Task statement: Report each line of the data that contains the string "addresses".

*** Opening Exercise data ***

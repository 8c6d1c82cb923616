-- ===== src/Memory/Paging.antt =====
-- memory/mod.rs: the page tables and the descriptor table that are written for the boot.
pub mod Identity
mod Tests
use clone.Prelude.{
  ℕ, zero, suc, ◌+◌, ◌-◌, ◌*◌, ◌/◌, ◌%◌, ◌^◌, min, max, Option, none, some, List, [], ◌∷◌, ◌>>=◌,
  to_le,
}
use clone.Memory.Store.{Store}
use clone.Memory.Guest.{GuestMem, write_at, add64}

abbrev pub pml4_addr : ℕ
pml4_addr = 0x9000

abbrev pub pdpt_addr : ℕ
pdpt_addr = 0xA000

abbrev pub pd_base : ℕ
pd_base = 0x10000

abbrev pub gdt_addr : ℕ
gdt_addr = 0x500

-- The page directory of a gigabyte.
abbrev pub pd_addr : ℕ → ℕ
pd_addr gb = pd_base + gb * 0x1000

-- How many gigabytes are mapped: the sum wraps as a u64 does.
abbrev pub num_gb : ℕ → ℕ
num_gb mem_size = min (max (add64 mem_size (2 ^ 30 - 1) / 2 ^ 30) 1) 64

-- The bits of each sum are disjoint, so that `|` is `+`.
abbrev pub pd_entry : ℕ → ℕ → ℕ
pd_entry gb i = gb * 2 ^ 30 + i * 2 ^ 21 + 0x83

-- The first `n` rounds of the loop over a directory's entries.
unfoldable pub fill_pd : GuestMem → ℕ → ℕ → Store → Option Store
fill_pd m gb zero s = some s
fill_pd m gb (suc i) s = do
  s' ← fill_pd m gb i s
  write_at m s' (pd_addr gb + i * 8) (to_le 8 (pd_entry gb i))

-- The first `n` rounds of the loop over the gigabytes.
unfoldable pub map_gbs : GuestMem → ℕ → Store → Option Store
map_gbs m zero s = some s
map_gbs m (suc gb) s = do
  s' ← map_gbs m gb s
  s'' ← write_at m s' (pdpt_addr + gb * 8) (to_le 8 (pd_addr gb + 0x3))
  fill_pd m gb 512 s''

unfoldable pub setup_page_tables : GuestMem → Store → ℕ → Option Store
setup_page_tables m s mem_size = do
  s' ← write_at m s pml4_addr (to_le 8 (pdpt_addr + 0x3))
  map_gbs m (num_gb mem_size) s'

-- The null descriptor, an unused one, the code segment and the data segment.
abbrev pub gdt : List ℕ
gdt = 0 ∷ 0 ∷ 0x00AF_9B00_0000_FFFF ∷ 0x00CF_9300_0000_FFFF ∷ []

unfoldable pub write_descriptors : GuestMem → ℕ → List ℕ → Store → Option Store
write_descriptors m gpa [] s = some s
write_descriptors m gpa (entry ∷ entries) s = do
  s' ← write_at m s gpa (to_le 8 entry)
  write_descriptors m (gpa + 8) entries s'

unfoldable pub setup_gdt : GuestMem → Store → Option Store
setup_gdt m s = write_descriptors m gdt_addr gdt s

*** Closing Exercise data ***
*** Opening Exercise data ***

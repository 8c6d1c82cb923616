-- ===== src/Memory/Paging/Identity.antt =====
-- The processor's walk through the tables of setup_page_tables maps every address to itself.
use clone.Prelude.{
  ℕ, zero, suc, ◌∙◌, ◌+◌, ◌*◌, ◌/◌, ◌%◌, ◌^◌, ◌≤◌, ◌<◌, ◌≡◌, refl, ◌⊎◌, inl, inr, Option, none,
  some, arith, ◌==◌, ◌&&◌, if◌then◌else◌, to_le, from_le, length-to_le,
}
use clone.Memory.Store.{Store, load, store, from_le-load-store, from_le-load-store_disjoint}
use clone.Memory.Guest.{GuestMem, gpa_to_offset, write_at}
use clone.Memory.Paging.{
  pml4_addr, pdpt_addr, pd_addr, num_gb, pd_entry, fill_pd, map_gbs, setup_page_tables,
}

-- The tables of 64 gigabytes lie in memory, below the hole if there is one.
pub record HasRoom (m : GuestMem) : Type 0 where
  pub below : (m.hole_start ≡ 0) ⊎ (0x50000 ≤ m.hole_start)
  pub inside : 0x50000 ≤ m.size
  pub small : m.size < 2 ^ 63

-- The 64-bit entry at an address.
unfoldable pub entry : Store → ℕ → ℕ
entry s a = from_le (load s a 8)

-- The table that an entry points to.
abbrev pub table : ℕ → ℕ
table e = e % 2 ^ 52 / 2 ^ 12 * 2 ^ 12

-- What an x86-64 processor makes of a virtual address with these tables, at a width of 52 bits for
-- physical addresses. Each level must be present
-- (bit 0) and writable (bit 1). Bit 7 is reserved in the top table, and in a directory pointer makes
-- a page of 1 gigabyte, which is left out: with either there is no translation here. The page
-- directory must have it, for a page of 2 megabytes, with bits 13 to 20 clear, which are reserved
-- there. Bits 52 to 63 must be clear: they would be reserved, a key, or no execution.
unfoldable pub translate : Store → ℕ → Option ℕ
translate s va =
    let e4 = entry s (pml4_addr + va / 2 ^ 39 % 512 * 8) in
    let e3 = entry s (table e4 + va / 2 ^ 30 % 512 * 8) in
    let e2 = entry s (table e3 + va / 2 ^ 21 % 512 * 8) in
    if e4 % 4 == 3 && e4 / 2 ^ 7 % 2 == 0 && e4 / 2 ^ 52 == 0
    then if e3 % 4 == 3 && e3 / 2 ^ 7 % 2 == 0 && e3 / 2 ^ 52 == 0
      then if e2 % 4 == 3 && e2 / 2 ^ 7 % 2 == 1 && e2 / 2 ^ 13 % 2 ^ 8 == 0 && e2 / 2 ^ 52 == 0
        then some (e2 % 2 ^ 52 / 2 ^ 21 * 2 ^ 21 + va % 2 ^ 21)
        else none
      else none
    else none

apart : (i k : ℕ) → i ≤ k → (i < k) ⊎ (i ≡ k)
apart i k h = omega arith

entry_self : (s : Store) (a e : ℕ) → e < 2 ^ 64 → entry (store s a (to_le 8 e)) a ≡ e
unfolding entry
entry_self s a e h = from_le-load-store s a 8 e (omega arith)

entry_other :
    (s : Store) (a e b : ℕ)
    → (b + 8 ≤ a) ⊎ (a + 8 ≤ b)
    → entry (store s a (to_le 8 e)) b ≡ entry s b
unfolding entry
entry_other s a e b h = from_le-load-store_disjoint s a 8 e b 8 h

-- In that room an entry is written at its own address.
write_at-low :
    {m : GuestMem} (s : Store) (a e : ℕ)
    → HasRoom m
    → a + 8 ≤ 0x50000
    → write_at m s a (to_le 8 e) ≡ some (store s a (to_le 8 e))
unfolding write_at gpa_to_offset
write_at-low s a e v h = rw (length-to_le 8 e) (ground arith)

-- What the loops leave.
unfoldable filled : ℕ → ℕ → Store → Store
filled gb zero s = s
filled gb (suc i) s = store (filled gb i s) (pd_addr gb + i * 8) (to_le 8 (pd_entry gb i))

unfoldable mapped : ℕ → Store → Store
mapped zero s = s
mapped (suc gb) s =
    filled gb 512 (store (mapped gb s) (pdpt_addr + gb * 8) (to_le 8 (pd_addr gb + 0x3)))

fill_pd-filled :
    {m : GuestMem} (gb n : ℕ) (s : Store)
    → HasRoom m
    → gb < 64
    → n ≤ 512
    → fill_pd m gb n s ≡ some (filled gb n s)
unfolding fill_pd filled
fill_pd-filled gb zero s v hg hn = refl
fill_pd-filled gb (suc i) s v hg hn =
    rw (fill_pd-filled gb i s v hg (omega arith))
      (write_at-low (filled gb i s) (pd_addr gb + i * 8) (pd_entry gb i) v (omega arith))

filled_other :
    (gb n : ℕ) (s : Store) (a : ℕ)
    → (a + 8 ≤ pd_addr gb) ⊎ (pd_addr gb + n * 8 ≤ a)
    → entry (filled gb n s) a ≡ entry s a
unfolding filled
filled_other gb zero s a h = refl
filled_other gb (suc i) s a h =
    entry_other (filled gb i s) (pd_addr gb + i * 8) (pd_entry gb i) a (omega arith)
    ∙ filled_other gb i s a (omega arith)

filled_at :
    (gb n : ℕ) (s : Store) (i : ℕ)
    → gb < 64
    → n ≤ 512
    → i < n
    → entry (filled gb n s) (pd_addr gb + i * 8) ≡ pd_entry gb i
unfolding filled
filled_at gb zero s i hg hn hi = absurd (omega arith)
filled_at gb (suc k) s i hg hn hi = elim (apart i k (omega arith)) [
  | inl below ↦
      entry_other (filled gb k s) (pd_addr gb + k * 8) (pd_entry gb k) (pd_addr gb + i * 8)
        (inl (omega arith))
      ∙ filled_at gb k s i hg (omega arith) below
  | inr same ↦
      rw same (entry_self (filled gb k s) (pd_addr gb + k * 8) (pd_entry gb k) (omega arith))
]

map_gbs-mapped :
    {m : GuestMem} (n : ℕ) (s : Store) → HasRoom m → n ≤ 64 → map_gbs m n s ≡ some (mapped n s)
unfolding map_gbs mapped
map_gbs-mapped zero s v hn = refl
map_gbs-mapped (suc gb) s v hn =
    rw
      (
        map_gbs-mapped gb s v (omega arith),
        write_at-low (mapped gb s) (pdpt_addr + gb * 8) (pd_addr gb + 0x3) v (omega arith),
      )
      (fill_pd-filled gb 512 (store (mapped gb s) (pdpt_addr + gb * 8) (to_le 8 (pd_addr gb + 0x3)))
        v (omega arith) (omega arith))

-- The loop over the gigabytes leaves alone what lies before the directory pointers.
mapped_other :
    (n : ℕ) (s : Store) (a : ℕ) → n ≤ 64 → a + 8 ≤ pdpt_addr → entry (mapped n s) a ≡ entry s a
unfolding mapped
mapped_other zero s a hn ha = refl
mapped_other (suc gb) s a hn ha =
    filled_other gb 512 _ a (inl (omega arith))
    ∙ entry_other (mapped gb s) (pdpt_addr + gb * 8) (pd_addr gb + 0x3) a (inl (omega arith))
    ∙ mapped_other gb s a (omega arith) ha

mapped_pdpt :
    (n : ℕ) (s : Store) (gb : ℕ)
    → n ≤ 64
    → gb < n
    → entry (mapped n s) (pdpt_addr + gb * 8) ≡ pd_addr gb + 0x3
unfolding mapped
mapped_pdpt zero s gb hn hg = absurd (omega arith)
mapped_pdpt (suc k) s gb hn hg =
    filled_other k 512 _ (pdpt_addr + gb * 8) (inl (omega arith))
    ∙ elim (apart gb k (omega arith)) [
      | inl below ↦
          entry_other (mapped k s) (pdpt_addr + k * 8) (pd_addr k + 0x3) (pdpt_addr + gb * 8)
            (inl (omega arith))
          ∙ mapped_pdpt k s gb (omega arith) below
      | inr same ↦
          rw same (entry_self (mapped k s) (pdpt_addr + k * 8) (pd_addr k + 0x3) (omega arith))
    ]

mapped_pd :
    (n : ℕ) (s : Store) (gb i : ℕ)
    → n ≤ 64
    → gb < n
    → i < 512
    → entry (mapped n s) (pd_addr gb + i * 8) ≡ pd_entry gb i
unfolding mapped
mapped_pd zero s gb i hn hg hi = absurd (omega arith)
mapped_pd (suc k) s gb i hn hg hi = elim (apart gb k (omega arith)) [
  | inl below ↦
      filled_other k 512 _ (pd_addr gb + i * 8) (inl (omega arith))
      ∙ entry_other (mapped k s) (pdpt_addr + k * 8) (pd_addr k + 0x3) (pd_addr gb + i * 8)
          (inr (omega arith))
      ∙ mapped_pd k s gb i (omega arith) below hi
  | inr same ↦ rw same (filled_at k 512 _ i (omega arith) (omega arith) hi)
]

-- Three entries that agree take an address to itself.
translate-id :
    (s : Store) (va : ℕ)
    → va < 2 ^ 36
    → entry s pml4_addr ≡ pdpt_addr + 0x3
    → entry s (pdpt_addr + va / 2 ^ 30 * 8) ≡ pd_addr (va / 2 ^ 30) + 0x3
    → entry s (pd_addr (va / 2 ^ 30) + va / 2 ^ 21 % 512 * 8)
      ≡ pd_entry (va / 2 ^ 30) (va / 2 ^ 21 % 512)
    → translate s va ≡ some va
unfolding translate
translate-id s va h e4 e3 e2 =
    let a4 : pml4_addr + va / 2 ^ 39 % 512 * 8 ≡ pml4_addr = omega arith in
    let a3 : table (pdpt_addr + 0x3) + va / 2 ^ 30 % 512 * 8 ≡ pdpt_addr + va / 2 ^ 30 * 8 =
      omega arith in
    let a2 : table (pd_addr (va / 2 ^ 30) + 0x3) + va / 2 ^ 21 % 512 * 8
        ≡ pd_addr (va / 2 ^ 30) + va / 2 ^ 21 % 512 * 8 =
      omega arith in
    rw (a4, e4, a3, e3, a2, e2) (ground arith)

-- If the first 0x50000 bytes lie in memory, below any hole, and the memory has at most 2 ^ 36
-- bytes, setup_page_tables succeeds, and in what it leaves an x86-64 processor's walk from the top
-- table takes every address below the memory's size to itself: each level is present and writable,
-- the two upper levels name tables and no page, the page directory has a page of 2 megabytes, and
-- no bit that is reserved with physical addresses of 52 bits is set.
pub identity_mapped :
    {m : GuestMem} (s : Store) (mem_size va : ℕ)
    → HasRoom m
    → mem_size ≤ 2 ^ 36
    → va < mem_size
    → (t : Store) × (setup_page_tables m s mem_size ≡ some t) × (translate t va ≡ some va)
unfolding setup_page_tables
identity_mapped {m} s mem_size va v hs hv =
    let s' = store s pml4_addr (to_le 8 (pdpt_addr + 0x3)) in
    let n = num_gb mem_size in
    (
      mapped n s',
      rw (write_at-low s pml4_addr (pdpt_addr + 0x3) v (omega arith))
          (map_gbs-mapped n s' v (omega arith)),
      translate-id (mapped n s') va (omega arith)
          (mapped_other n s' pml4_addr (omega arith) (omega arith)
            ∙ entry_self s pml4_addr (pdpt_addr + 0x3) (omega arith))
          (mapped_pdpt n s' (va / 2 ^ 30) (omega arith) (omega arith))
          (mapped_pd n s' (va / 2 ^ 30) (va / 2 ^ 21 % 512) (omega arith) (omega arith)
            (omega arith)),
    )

*** Closing Exercise data ***

Exercise result:
-- physical addresses. Each level must be present
-- no bit that is reserved with physical addresses of 52 bits is set.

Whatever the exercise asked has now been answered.